| Activity |
The answer must be every line below that holds the word "Unmapped".
***
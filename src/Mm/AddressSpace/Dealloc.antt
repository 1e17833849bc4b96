-- ===== src/Mm/AddressSpace/Dealloc.antt =====
-- `unmap_and_dealloc` of a region, whichever of its pages are mapped.
use avent.Base.{ℕ, ◌/◌, none, some, Option, done, List, [], ◌++◌, ◌≡◌}
use avent.Mm.Addr.{page_size}
use avent.Mm.Vm.Region.{Region, RegionAllocator, capacity}
use avent.Mm.Vm.Region
use avent.Paging.Mapper.{Machine, ok, err}
use avent.Paging.Trait.{Mapper}
use avent.Mm.AddressSpace.{AddressSpace, AddressSpaceError, AllocKind, Platform}
use avent.Mm.AddressSpace.Ranges.{unmap_and_dealloc}
use avent.Mm.AddressSpace.Lawful.{Pages, Sound, IsLawful}
use avent.Mm.AddressSpace.GiveUp.{gave_back}
use avent.Mm.AddressSpace.Pools.{addresses}
use avent.Mm.AddressSpace.Unmap.{all_filled, Keeps}

module _ (m : Mapper) (L : IsLawful m) (kind : AllocKind) (pages : Pages) (total : ℕ) where
  -- The frames of the pages are free again, the region is in its pool, its pages are flushed, and the
  -- error is as the pages were.
  abbrev pub Unmapped :
      AddressSpace m → Platform → Region → RegionAllocator → List (Option ℕ) → Type 0
  Unmapped self st r t spots =
      (mapper : m.Self) × (machine : Machine) × (last : Option AddressSpaceError)
      × (unmap_and_dealloc m self st r kind
          ≡ done (
            gave_back m kind t self mapper,
            record st {
              machine = machine;
              flushed = st.flushed ++ addresses r.base 0 (r.size / page_size);
            },
            elim last [ some e ↦ err e | none ↦ ok tt ],
          ))
      × Sound m L.Shows mapper machine pages [] total
      × Keeps none last (all_filled spots)
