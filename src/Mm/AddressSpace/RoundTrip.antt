-- ===== src/Mm/AddressSpace/RoundTrip.antt =====
-- `unmap_and_dealloc` undoes `alloc_and_map`.
use avent.Base.{ℕ, Outcome, done, ◌>>=◌, List, [], ◌≡◌}
use avent.Mm.Addr.Virt.{VirtAddr}
use avent.Mm.Vm.Region.{Region, RegionAllocator, capacity}
use avent.Mm.Vm.Region
use avent.Mm.Vm.Region.View.{Shows}
use avent.Mm.Vm.Region.Spec.{Tidy, covers}
use avent.Paging.Flags.{PageFlags}
use avent.Paging.Mapper.{Machine, Result, ok}
use avent.Paging.Trait.{Mapper}
use avent.Mm.AddressSpace.{AddressSpace, AddressSpaceError, AllocKind, Platform, expect_ok}
use avent.Mm.AddressSpace.Ranges.{alloc_and_map, unmap_and_dealloc}
use avent.Mm.AddressSpace.Lawful.{Pages, Sound, IsLawful}
use avent.Mm.AddressSpace.GiveUp.{gave_back}

module _ (m : Mapper) (L : IsLawful m) (kind : AllocKind) (pages : Pages) (total : ℕ)
    (xs : List Region) (self : AddressSpace m) (st : Platform) (size align : ℕ)
    (flags : PageFlags) where
  -- The pages, the free frames and the free addresses are those from before.
  abbrev pub Restored :
      Outcome (AddressSpace m × Platform × Result (Unit {0}) AddressSpaceError) → Type 0
  Restored o =
      (mapper : m.Self) × (machine : Machine) × (pool : RegionAllocator) × (ys : List Region)
      × (flushed : List VirtAddr) × (o
          ≡ done (
            gave_back m kind pool self mapper,
            record st { machine = machine; flushed = flushed },
            ok tt,
          ))
      × Sound m L.Shows mapper machine pages [] total
      × Shows pool ys
      × Tidy 0 ys
      × ((a : VirtAddr) → covers ys a ≡ covers xs a)

  -- `alloc_and_map(..)?`, and `unmap_and_dealloc` of what it gives.
  abbrev pub alloc_and_dealloc :
      Outcome (AddressSpace m × Platform × Result (Unit {0}) AddressSpaceError)
  alloc_and_dealloc = do
    (self, st, r) ← alloc_and_map m self st size align flags kind
    r ← expect_ok r
    unmap_and_dealloc m self st r kind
***
| Reply to the exercise |
  abbrev pub Unmapped :
  Unmapped self st r t spots =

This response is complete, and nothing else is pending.